I leaned against the counter, the room spinning slightly. It was brilliant. Evil, but brilliant. It played into everyone’s fear of what I could do. “So the river rot...”

“Is your fault,” Maren finished grimly. “According to her, you’re not the cure, Lysa. You’re the infection. She says the manor is rejecting you, and the tremors are the earth trying to shake you off like a fever.”

“That explains the look the dockworkers gave me,” I wasn’t just the weird girl who quieted scared pets anymore, I was the reason their livelihoods were dissolving into sludge.

“It gets worse,” Maren said, her voice dropping to a conspiratorial whisper. “She’s organized a petition. A ‘concerned citizens’ appeal to have the Council intervene and remove you from the clinic. For the ‘public safety.’”

Briony made a sound of outrage, but I just stared at the lumpy wool bundle Maren had placed on the table. It squirmed.

“She’s isolating me,” I realized. “If the town turns against me, I can’t stay here. And if I go back to the manor...”

“You’re trapped with her,” Maren confirmed. “But you’re not entirely without friends. I found this little one shivering behind my rain barrel. Seems he didn’t care for the rumors either.”

She peeled back the layers of wet wool.

Kirion blinked up at me. The wyrmling looked wretched, his midnight-blue scales were dull and shivering, and his oversized wings were tucked tight against his small body. But when he saw me, he let out a pathetic, high-pitched chirp and scrambled across the metal table, his claws clicking frantically until he reached me.

He scrambled right up my front, digging his claws into my apron, and buried his cold snout into the crook of my neck.

“He escaped the manor?” I asked, my hands coming up instinctively to cup his trembling body. He felt fever-hot and ice-cold all at once, the duality of the curse raging inside him.

“Or he was driven out,” Maren said, watching the creature cling to me. “He wouldn’t let anyone else near him. Nearly took a finger off the fishmonger when he tried to shoo him away. But the moment he saw me, or smelled you on me, I can’t say, he practically jumped into my arms.”

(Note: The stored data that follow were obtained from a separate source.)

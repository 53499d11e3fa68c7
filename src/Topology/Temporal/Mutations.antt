-- ===== src/Topology/Temporal/Mutations.antt =====
-- The mutations of src/topology/temporal.rs: for each the job under the graph's write lock, and the
-- event and the value that are made from its output.
use koalisi.Common.{ℕ, List, [], ◌∷◌}
use koalisi.Topology.Events.{
  vertex_added, vertex_removed, vertex_weight_updated, hyperedge_added, hyperedge_removed,
  hyperedge_weight_updated, hyperedge_vertices_updated, hyperedge_reversed, hyperedges_joined,
  vertices_contracted, hyperedges_cleared, graph_cleared, VertexIndex, HyperedgeIndex,
}
use koalisi.Topology.Errors.{Outcome, ok, panicked}
use koalisi.Topology.Jobs.{◌>>=◌, ◌>>◌, pure, ask, call, give, change}
use koalisi.Topology.Hypergraph.{Library}
use koalisi.Topology.Temporal.{TemporalHypergraph, mutate}

-- `indices[1..]`, which panics on an empty slice
abbrev pub slice_from_one : {E : Type 0} → List ℕ → Outcome E (List ℕ)
slice_from_one [] = panicked
slice_from_one (i ∷ is) = ok is

module _ {V HE : Type 0} (lib : Library V HE) where
  abbrev State : Type 0
  State = TemporalHypergraph lib

  abbrev Failable : Type 0 → Type 0
  Failable A = Outcome lib.HypergraphError A

  unfoldable pub add_vertex : V → State → State × Failable VertexIndex
  add_vertex weight =
      mutate lib (change (lib.add_vertex weight)) (λ t i. (vertex_added t i weight, i))

  unfoldable pub remove_vertex : VertexIndex → State → State × Failable (Unit {0})
  remove_vertex index =
      mutate lib
        (do weight ← ask (lib.get_vertex_weight index); call (lib.remove_vertex index); pure weight)
        (λ t weight. (vertex_removed t index weight, tt))

  unfoldable pub update_vertex_weight : VertexIndex → V → State → State × Failable (Unit {0})
  update_vertex_weight index new_weight =
      mutate lib
        (do
          old_weight ← ask (lib.get_vertex_weight index)
          call (lib.update_vertex_weight index new_weight)
          pure old_weight)
        (λ t old_weight. (vertex_weight_updated t index old_weight new_weight, tt))

  unfoldable pub add_hyperedge : List VertexIndex → HE → State → State × Failable HyperedgeIndex
  add_hyperedge vertices weight =
      mutate lib (call (lib.add_hyperedge vertices weight))
        (λ t index. (hyperedge_added t index vertices weight, index))

  unfoldable pub remove_hyperedge : HyperedgeIndex → State → State × Failable (Unit {0})
  remove_hyperedge index =
      mutate lib {T = List VertexIndex × HE}
        (do
          vertices ← ask (lib.get_hyperedge_vertices index)
          weight ← ask (lib.get_hyperedge_weight index)
          call (lib.remove_hyperedge index)
          pure (vertices, weight))
        (λ t (vertices, weight). (hyperedge_removed t index vertices weight, tt))

  unfoldable pub update_hyperedge_weight : HyperedgeIndex → HE → State → State × Failable (Unit {0})
  update_hyperedge_weight index new_weight =
      mutate lib
        (do
          old_weight ← ask (lib.get_hyperedge_weight index)
          call (lib.update_hyperedge_weight index new_weight)
          pure old_weight)
        (λ t old_weight. (hyperedge_weight_updated t index old_weight new_weight, tt))

  unfoldable pub update_hyperedge_vertices :
      HyperedgeIndex → List VertexIndex → State → State × Failable (Unit {0})
  update_hyperedge_vertices index new_vertices =
      mutate lib
        (do
          old_vertices ← ask (lib.get_hyperedge_vertices index)
          call (lib.update_hyperedge_vertices index new_vertices)
          pure old_vertices)
        (λ t old_vertices. (hyperedge_vertices_updated t index old_vertices new_vertices, tt))

  -- `mutator` may fail, and it may panic.
  unfoldable pub update_hyperedge_vertices_try :
      HyperedgeIndex
      → (List VertexIndex → Failable (List VertexIndex))
      → State
      → State × Failable (Unit {0})
  update_hyperedge_vertices_try index mutator =
      mutate lib {T = List VertexIndex × List VertexIndex}
        (do
          old_vertices ← ask (lib.get_hyperedge_vertices index)
          new_vertices ← give (mutator old_vertices)
          call (lib.update_hyperedge_vertices index new_vertices)
          pure (old_vertices, new_vertices))
        (λ t (old_vertices, new_vertices).
          (hyperedge_vertices_updated t index old_vertices new_vertices, tt))

  unfoldable pub reverse_hyperedge : HyperedgeIndex → State → State × Failable (List VertexIndex)
  reverse_hyperedge index =
      mutate lib {T = List VertexIndex × List VertexIndex}
        (do
          old_vertices ← ask (lib.get_hyperedge_vertices index)
          call (lib.reverse_hyperedge index)
          new_vertices ← ask (lib.get_hyperedge_vertices index)
          pure (old_vertices, new_vertices))
        (λ t (old_vertices, new_vertices).
          (hyperedge_reversed t index old_vertices new_vertices, new_vertices))

  unfoldable pub join_hyperedges : List HyperedgeIndex → State → State × Failable (Unit {0})
  join_hyperedges indices =
      mutate lib {T = HyperedgeIndex × List HyperedgeIndex × List VertexIndex}
        (do
          target_index ← call (lib.join_hyperedges indices)
          source_indices ← give (slice_from_one indices)
          new_vertices ← ask (lib.get_hyperedge_vertices target_index)
          pure (target_index, source_indices, new_vertices))
        (λ t (target_index, source_indices, new_vertices).
          (hyperedges_joined t target_index source_indices new_vertices, tt))

  unfoldable pub contract_hyperedge_vertices :
      HyperedgeIndex → List VertexIndex → VertexIndex → State → State × Failable (List VertexIndex)
  contract_hyperedge_vertices hyperedge_index vertices target =
      mutate lib {T = List VertexIndex × List VertexIndex}
        (do
          old_vertices ← ask (lib.get_hyperedge_vertices hyperedge_index)
          new_vertices ← call (lib.contract_hyperedge_vertices hyperedge_index vertices target)
          pure (old_vertices, new_vertices))
        (λ t (old_vertices, new_vertices). (
          vertices_contracted t hyperedge_index vertices target old_vertices new_vertices,
          new_vertices,
        ))

  unfoldable pub clear_hyperedges : State → State × Failable (Unit {0})
  clear_hyperedges =
      mutate lib (change (λ g. (lib.clear_hyperedges g, lib.count_hyperedges g)))
        (λ t count. (hyperedges_cleared t count, tt))

  unfoldable pub clear : State → State × Failable (Unit {0})
  clear =
      mutate lib {T = ℕ × ℕ}
        (change (λ g. (lib.clear g, (lib.count_vertices g, lib.count_hyperedges g))))
        (λ t (vertex_count, hyperedge_count). (graph_cleared t vertex_count hyperedge_count, tt))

I stroked the silver markings along his spine, feeling the jagged rhythm of his heart against my own chest. He wasn’t wild with madness right now, he was just terrified.

“See?” Maren gestured to the wyrmling. “The town might believe Kelda’s lies, but the creatures know the truth. That lizard knows whose magic is keeping the lights on.”

“We need a map,” I said, the thought crystalizing amidst the chaos of exhaustion. Gods I could have slept right there for at least a week. “A real one. An old one.”

Maren blinked, her hand hovering over Kirion’s trembling flank. “A map? Now? Lysa, look at you. You look like you lost a fistfight.”

“If the manor is a filter,” I said, pacing the small length of the room, ignoring how the floor swayed, “then the ley-lines act like veins. I need to see where they flow and how they intersect. The Rainmint Bookshop will have the cadastral surveys from before the Collapse.” I grabbed a clean rag, pressing it firmly to my nose to stem the flow of blood. “We have to go. Now.”

“We aren’t going anywhere,” Maren argued, “until you drink something that isn’t your own blood.”

Before I could retort that I had plenty of blood to spare, a lie, a thunderous pounding rattled the bolted front door. It sounded awfully close to the thump of officialdom.

“Open up!” a muffled voice boomed. “By order of the Town Council!”

Maren rolled her eyes so hard I thought they might get stuck. “Oh, wonderful. The circus has arrived.”